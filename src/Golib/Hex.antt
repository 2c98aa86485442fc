-- ===== src/Golib/Hex.antt =====
-- encoding/hex: EncodeToString and DecodeString.
use rekor.Base.{
  ℕ, ◌+◌, ◌-◌, ◌*◌, ◌/◌, ◌%◌, ◌<◌, ◌≡◌, refl, Bool, true, false, ◌&&◌, [], ◌∷◌, Option, none, some,
  arith, leb, ltb, if◌then◌else◌, length, All, all, Option-cases, inl, inr, ap, and-eq-true,
}
use rekor.Base.Bytes.{Bytes}

-- one character of `0123456789abcdef`
abbrev pub hex_char : ℕ → ℕ
hex_char n = if ltb n 10 then b'0' + n else b'a' + (n - 10)

-- the value of a digit of either case
abbrev pub hex_value : ℕ → Option ℕ
hex_value c =
    if leb b'0' c && leb c b'9'
    then some (c - b'0')
    else if leb b'a' c && leb c b'f'
    then some (c - b'a' + 10)
    else if leb b'A' c && leb c b'F'
    then some (c - b'A' + 10)
    else none

abbrev char_test : Option ℕ → Bool
char_test none = false
char_test (some _) = true

abbrev pub is_hex_char : ℕ → Bool
is_hex_char c = char_test (hex_value c)

unfoldable pub hex_encode : Bytes → Bytes
hex_encode [] = []
hex_encode (b ∷ s) = hex_char (b / 16) ∷ hex_char (b % 16) ∷ hex_encode s

abbrev push_byte : Option ℕ → Option ℕ → Option Bytes → Option Bytes
push_byte (some h) (some l) (some s) = some ((h * 16 + l) ∷ s)
push_byte _ _ _ = none

-- `none` on a character that is no digit, and on an odd length
unfoldable pub hex_decode : Bytes → Option Bytes
hex_decode [] = some []
hex_decode (_ ∷ []) = none
hex_decode (h ∷ l ∷ s) = push_byte (hex_value h) (hex_value l) (hex_decode s)

abbrev pub is_hex : Bytes → Bool
is_hex s = all is_hex_char s

abbrev pub IsByte : ℕ → Type 0
IsByte b = b < 256

hex_value-char : (n : ℕ) → n < 16 → hex_value (hex_char n) ≡ some n
hex_value-char n h = ground arith

pub decode-encode : (s : Bytes) → All IsByte s → hex_decode (hex_encode s) ≡ some s
unfolding hex_decode hex_encode
decode-encode [] _ = refl
decode-encode (b ∷ s) (hb, hs) =
    ground (arith, hex_value-char (b / 16), hex_value-char (b % 16), decode-encode s hs)

pub length-encode : (s : Bytes) → length (hex_encode s) ≡ 2 * length s
unfolding hex_encode
length-encode [] = refl
length-encode (b ∷ s) = omega (arith, length-encode s)

hex_char_is_hex : (n : ℕ) → n < 16 → is_hex_char (hex_char n) ≡ true
hex_char_is_hex n h = ground arith

pub encode-is_hex : (s : Bytes) → All IsByte s → is_hex (hex_encode s) ≡ true
unfolding hex_encode
encode-is_hex [] _ = refl
encode-is_hex (b ∷ s) (hb, hs) =
    ground (arith, hex_char_is_hex (b / 16), hex_char_is_hex (b % 16), encode-is_hex s hs)

is_hex_char-some : (c : ℕ) → is_hex_char c ≡ true → (v : ℕ) × (hex_value c ≡ some v)
is_hex_char-some c d = elim (Option-cases (hex_value c)) [
  | inl e ↦ cc (ap char_test e, d)
  | inr found ↦ found
]

push_byte-some :
    {h l : Option ℕ} {s : Option Bytes} {v w : ℕ} {t : Bytes}
    → h ≡ some v
    → l ≡ some w
    → s ≡ some t
    → push_byte h l s ≡ some ((v * 16 + w) ∷ t)
push_byte-some e f g = λ i. push_byte (e i) (f i) (g i)

-- Decoding succeeds exactly on an even number of digits.
pub decode_some :
    (s : Bytes) → length s % 2 ≡ 0 → is_hex s ≡ true → (t : Bytes) × (hex_decode s ≡ some t)
unfolding hex_decode
decode_some [] _ _ = ([], refl)
decode_some (_ ∷ []) e _ = absurd (omega arith)
decode_some (h ∷ l ∷ s) e d =
    let even : length s % 2 ≡ 0 = omega (arith, e) in
    let (hd, rest) = and-eq-true (is_hex_char h) (is_hex_char l && is_hex s) d in
    let (ld, sd) = and-eq-true (is_hex_char l) (is_hex s) rest in
    let (t, q) = decode_some s even sd in
    let (v, hv) = is_hex_char-some h hd in
    let (w, lw) = is_hex_char-some l ld in ((v * 16 + w) ∷ t, push_byte-some hv lw q)

pub decode_none : (s : Bytes) → length s % 2 ≡ 0 → is_hex s ≡ false → hex_decode s ≡ none
unfolding hex_decode
decode_none [] _ d = ground arith
decode_none (_ ∷ []) e _ = absurd (omega arith)
decode_none (h ∷ l ∷ s) e d = ground (arith, decode_none s (omega arith))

________________________________________

Transcribe, exactly and completely, all of the entries.

▶ [PROBLEM SOLUTION]:
filename src/Golib/Hex.antt
repository 2c98aa86485442fc
-- ===== src/Golib/Hex.antt =====
-- encoding/hex: EncodeToString and DecodeString.
use rekor.Base.{
  ℕ, ◌+◌, ◌-◌, ◌*◌, ◌/◌, ◌%◌, ◌<◌, ◌≡◌, refl, Bool, true, false, ◌&&◌, [], ◌∷◌, Option, none, some,
  arith, leb, ltb, if◌then◌else◌, length, All, all, Option-cases, inl, inr, ap, and-eq-true,
}
use rekor.Base.Bytes.{Bytes}

-- one character of `0123456789abcdef`
abbrev pub hex_char : ℕ → ℕ
hex_char n = if ltb n 10 then b'0' + n else b'a' + (n - 10)

-- the value of a digit of either case
abbrev pub hex_value : ℕ → Option ℕ
hex_value c =
    if leb b'0' c && leb c b'9'
    then some (c - b'0')
    else if leb b'a' c && leb c b'f'
    then some (c - b'a' + 10)
    else if leb b'A' c && leb c b'F'
    then some (c - b'A' + 10)
    else none

abbrev char_test : Option ℕ → Bool
char_test none = false
char_test (some _) = true

abbrev pub is_hex_char : ℕ → Bool
is_hex_char c = char_test (hex_value c)

unfoldable pub hex_encode : Bytes → Bytes
hex_encode [] = []
hex_encode (b ∷ s) = hex_char (b / 16) ∷ hex_char (b % 16) ∷ hex_encode s

abbrev push_byte : Option ℕ → Option ℕ → Option Bytes → Option Bytes
push_byte (some h) (some l) (some s) = some ((h * 16 + l) ∷ s)
push_byte _ _ _ = none

-- `none` on a character that is no digit, and on an odd length
unfoldable pub hex_decode : Bytes → Option Bytes
hex_decode [] = some []
hex_decode (_ ∷ []) = none
hex_decode (h ∷ l ∷ s) = push_byte (hex_value h) (hex_value l) (hex_decode s)

abbrev pub is_hex : Bytes → Bool
is_hex s = all is_hex_char s

abbrev pub IsByte : ℕ → Type 0
IsByte b = b < 256

hex_value-char : (n : ℕ) → n < 16 → hex_value (hex_char n) ≡ some n
hex_value-char n h = ground arith

pub decode-encode : (s : Bytes) → All IsByte s → hex_decode (hex_encode s) ≡ some s
unfolding hex_decode hex_encode
decode-encode [] _ = refl
decode-encode (b ∷ s) (hb, hs) =
    ground (arith, hex_value-char (b / 16), hex_value-char (b % 16), decode-encode s hs)

pub length-encode : (s : Bytes) → length (hex_encode s) ≡ 2 * length s
unfolding hex_encode
length-encode [] = refl
length-encode (b ∷ s) = omega (arith, length-encode s)

hex_char_is_hex : (n : ℕ) → n < 16 → is_hex_char (hex_char n) ≡ true
hex_char_is_hex n h = ground arith

pub encode-is_hex : (s : Bytes) → All IsByte s → is_hex (hex_encode s) ≡ true
unfolding hex_encode
encode-is_hex [] _ = refl
encode-is_hex (b ∷ s) (hb, hs) =
    ground (arith, hex_char_is_hex (b / 16), hex_char_is_hex (b % 16), encode-is_hex s hs)

is_hex_char-some : (c : ℕ) → is_hex_char c ≡ true → (v : ℕ) × (hex_value c ≡ some v)
is_hex_char-some c d = elim (Option-cases (hex_value c)) [
  | inl e ↦ cc (ap char_test e, d)
  | inr found ↦ found
]

push_byte-some :
    {h l : Option ℕ} {s : Option Bytes} {v w : ℕ} {t : Bytes}
    → h ≡ some v
    → l ≡ some w
    → s ≡ some t
    → push_byte h l s ≡ some ((v * 16 + w) ∷ t)
push_byte-some e f g = λ i. push_byte (e i) (f i) (g i)

-- Decoding succeeds exactly on an even number of digits.
pub decode_some :
    (s : Bytes) → length s % 2 ≡ 0 → is_hex s ≡ true → (t : Bytes) × (hex_decode s ≡ some t)
unfolding hex_decode
decode_some [] _ _ = ([], refl)
decode_some (_ ∷ []) e _ = absurd (omega arith)
decode_some (h ∷ l ∷ s) e d =
    let even : length s % 2 ≡ 0 = omega (arith, e) in
    let (hd, rest) = and-eq-true (is_hex_char h) (is_hex_char l && is_hex s) d in
    let (ld, sd) = and-eq-true (is_hex_char l) (is_hex s) rest in
    let (t, q) = decode_some s even sd in
    let (v, hv) = is_hex_char-some h hd in
    let (w, lw) = is_hex_char-some l ld in ((v * 16 + w) ∷ t, push_byte-some hv lw q)

pub decode_none : (s : Bytes) → length s % 2 ≡ 0 → is_hex s ≡ false → hex_decode s ≡ none
unfolding hex_decode
decode_none [] _ d = ground arith
decode_none (_ ∷ []) e _ = absurd (omega arith)
decode_none (h ∷ l ∷ s) e d = ground (arith, decode_none s (omega arith))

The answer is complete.